Among the lines below, keep only those from the one containing "-- the two bytes" through the one containing "pub overlaps : ℕ → ℕ → Bool", and reproduce them exactly.

=== Section Start ===

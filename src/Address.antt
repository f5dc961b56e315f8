-- ===== src/Address.antt =====
-- src/setka/address.hpp: `address::ip` and `address`, with their constructors and tests.
pub mod Parse
pub mod Print
pub mod Tests
use setka.Prelude.{ℕ, ◌*◌, ◌%◌, ◌^◌, ◌<◌, Bool, not, ◌&&◌, ◌||◌, bit_or, ◌==◌, if◌then◌else◌}

-- `std::array<uint32_t, 4> quad`
pub record Ip : Type 0 where
  pub quad0 : ℕ
  pub quad1 : ℕ
  pub quad2 : ℕ
  pub quad3 : ℕ

pub record Address : Type 0 where
  pub host : Ip
  pub port : ℕ

-- `ip(q0, q1, q2, q3)`
abbrev pub of_quads : ℕ → ℕ → ℕ → ℕ → Ip
of_quads q0 q1 q2 q3 = record { quad0 = q0; quad1 = q1; quad2 = q2; quad3 = q3 }

-- `ip(h)`: an IPv4 address, mapped to IPv6
abbrev pub of_v4 : ℕ → Ip
of_v4 h = of_quads 0 0 0xffff h

-- `(uint32_t(a) << k) | b`
abbrev pub join32 : ℕ → ℕ → ℕ → ℕ
join32 k a b = bit_or (a * 2 ^ k % 2 ^ 32) b

-- `ip(a0, ..., a7)` of 16-bit numbers
pub of_words : ℕ → ℕ → ℕ → ℕ → ℕ → ℕ → ℕ → ℕ → Ip
of_words a0 a1 a2 a3 a4 a5 a6 a7 =
    of_quads (join32 16 a0 a1) (join32 16 a2 a3) (join32 16 a4 a5) (join32 16 a6 a7)

-- `(uint16_t(a) << 8) | uint16_t(b)`; the shift is one of `int`, which a byte shifted by 8 fits,
-- and the result is converted to `uint16_t`.
abbrev pub join16 : ℕ → ℕ → ℕ
join16 a b = bit_or (a * 2 ^ 8) b % 2 ^ 16

-- `ip(a0, ..., a15)` of bytes
pub of_bytes : ℕ → ℕ → ℕ → ℕ → ℕ → ℕ → ℕ → ℕ → ℕ → ℕ → ℕ → ℕ → ℕ → ℕ → ℕ → ℕ → Ip
unfolding of_words
of_bytes a0 a1 a2 a3 a4 a5 a6 a7 a8 a9 a10 a11 a12 a13 a14 a15 =
    of_words (join16 a0 a1) (join16 a2 a3) (join16 a4 a5) (join16 a6 a7) (join16 a8 a9)
      (join16 a10 a11) (join16 a12 a13) (join16 a14 a15)

-- `address(h1, h2, h3, h4, p)`
pub of_v4_bytes : ℕ → ℕ → ℕ → ℕ → ℕ → Address
of_v4_bytes h1 h2 h3 h4 p = record {
  host =
      of_v4
        (bit_or (bit_or (bit_or (h1 * 2 ^ 24 % 2 ^ 32) (h2 * 2 ^ 16 % 2 ^ 32)) (h3 * 2 ^ 8)) h4);
  port = p;
}

abbrev pub is_v4 : Ip → Bool
is_v4 i = i.quad2 == 0xffff && i.quad1 == 0 && i.quad0 == 0

abbrev pub get_v4 : Ip → ℕ
get_v4 i = i.quad3

pub is_valid : Ip → Bool
is_valid i =
    if is_v4 i
    then not (get_v4 i == 0)
    else (not (i.quad3 == 0) || not (i.quad2 == 0) || not (i.quad1 == 0) || not (i.quad0 == 0))

-- `ip::operator==`
abbrev pub ip_eq : Ip → Ip → Bool
ip_eq a b = a.quad0 == b.quad0 && a.quad1 == b.quad1 && a.quad2 == b.quad2 && a.quad3 == b.quad3

-- `address::operator==`
abbrev pub address_eq : Address → Address → Bool
address_eq a b = ip_eq a.host b.host && a.port == b.port

-- Quads that `uint32_t` can hold.
pub record IsIp (i : Ip) : Type 0 where
  pub quad0_lt : i.quad0 < 2 ^ 32
  pub quad1_lt : i.quad1 < 2 ^ 32
  pub quad2_lt : i.quad2 < 2 ^ 32
  pub quad3_lt : i.quad3 < 2 ^ 32
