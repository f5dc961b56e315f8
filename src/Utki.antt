-- ===== src/Utki.antt =====
-- What the sources use of the library utki: the big-endian conversions, and the bounds test of a
-- span. They are parameters of the model, with their documented behaviour.
use setka.Prelude.{ℕ, ◌+◌, ◌*◌, ◌/◌, ◌%◌, ◌<◌, ◌≡◌, refl, Bool, List, ltb}

abbrev pub Bytes : Type 0
Bytes = List ℕ

abbrev pub IsByte : ℕ → Type 0
IsByte b = b < 256

pub record Utki : Type 0 where
  -- the two bytes that `serialize16be(value, p)` writes at `p` and `p + 1`
  pub serialize16be : ℕ → ℕ × ℕ
  -- `deserialize16be(p)` and `deserialize32be(p)`, from the bytes that they read at `p`
  pub deserialize16be : ℕ → ℕ → ℕ
  pub deserialize32be : ℕ → ℕ → ℕ → ℕ → ℕ
  -- `make_span(buf).overlaps(&buf[i])`, for a buffer of a given size
  pub overlaps : ℕ → ℕ → Bool
  pub serialize16be_lem : (v : ℕ) → v < 65536 → serialize16be v ≡ (v / 256, v % 256)
  pub deserialize16be_lem : (a b : ℕ) → IsByte a → IsByte b → deserialize16be a b ≡ a * 256 + b
  pub deserialize32be_lem :
      (a b c d : ℕ)
      → IsByte a
      → IsByte b
      → IsByte c
      → IsByte d
      → deserialize32be a b c d ≡ ((a * 256 + b) * 256 + c) * 256 + d
  pub overlaps_lem : (size i : ℕ) → overlaps size i ≡ ltb i size

-- A value of the interface, for the tests.
abbrev pub sample : Utki
sample = record {
  serialize16be = λ v. (v / 256, v % 256);
  deserialize16be = λ a b. a * 256 + b;
  deserialize32be = λ a b c d. ((a * 256 + b) * 256 + c) * 256 + d;
  overlaps = λ size i. ltb i size;
  serialize16be_lem = λ v h. refl;
  deserialize16be_lem = λ a b h k. refl;
  deserialize32be_lem = λ a b c d h i j k. refl;
  overlaps_lem = λ size i. refl;
}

=== Section End ===

■ **SOLUTION TO THIS PROBLEM**:
  -- the two bytes that `serialize16be(value, p)` writes at `p` and `p + 1`
  pub serialize16be : ℕ → ℕ × ℕ
  -- `deserialize16be(p)` and `deserialize32be(p)`, from the bytes that they read at `p`
  pub deserialize16be : ℕ → ℕ → ℕ
  pub deserialize32be : ℕ → ℕ → ℕ → ℕ → ℕ
  -- `make_span(buf).overlaps(&buf[i])`, for a buffer of a given size
  pub overlaps : ℕ → ℕ → Bool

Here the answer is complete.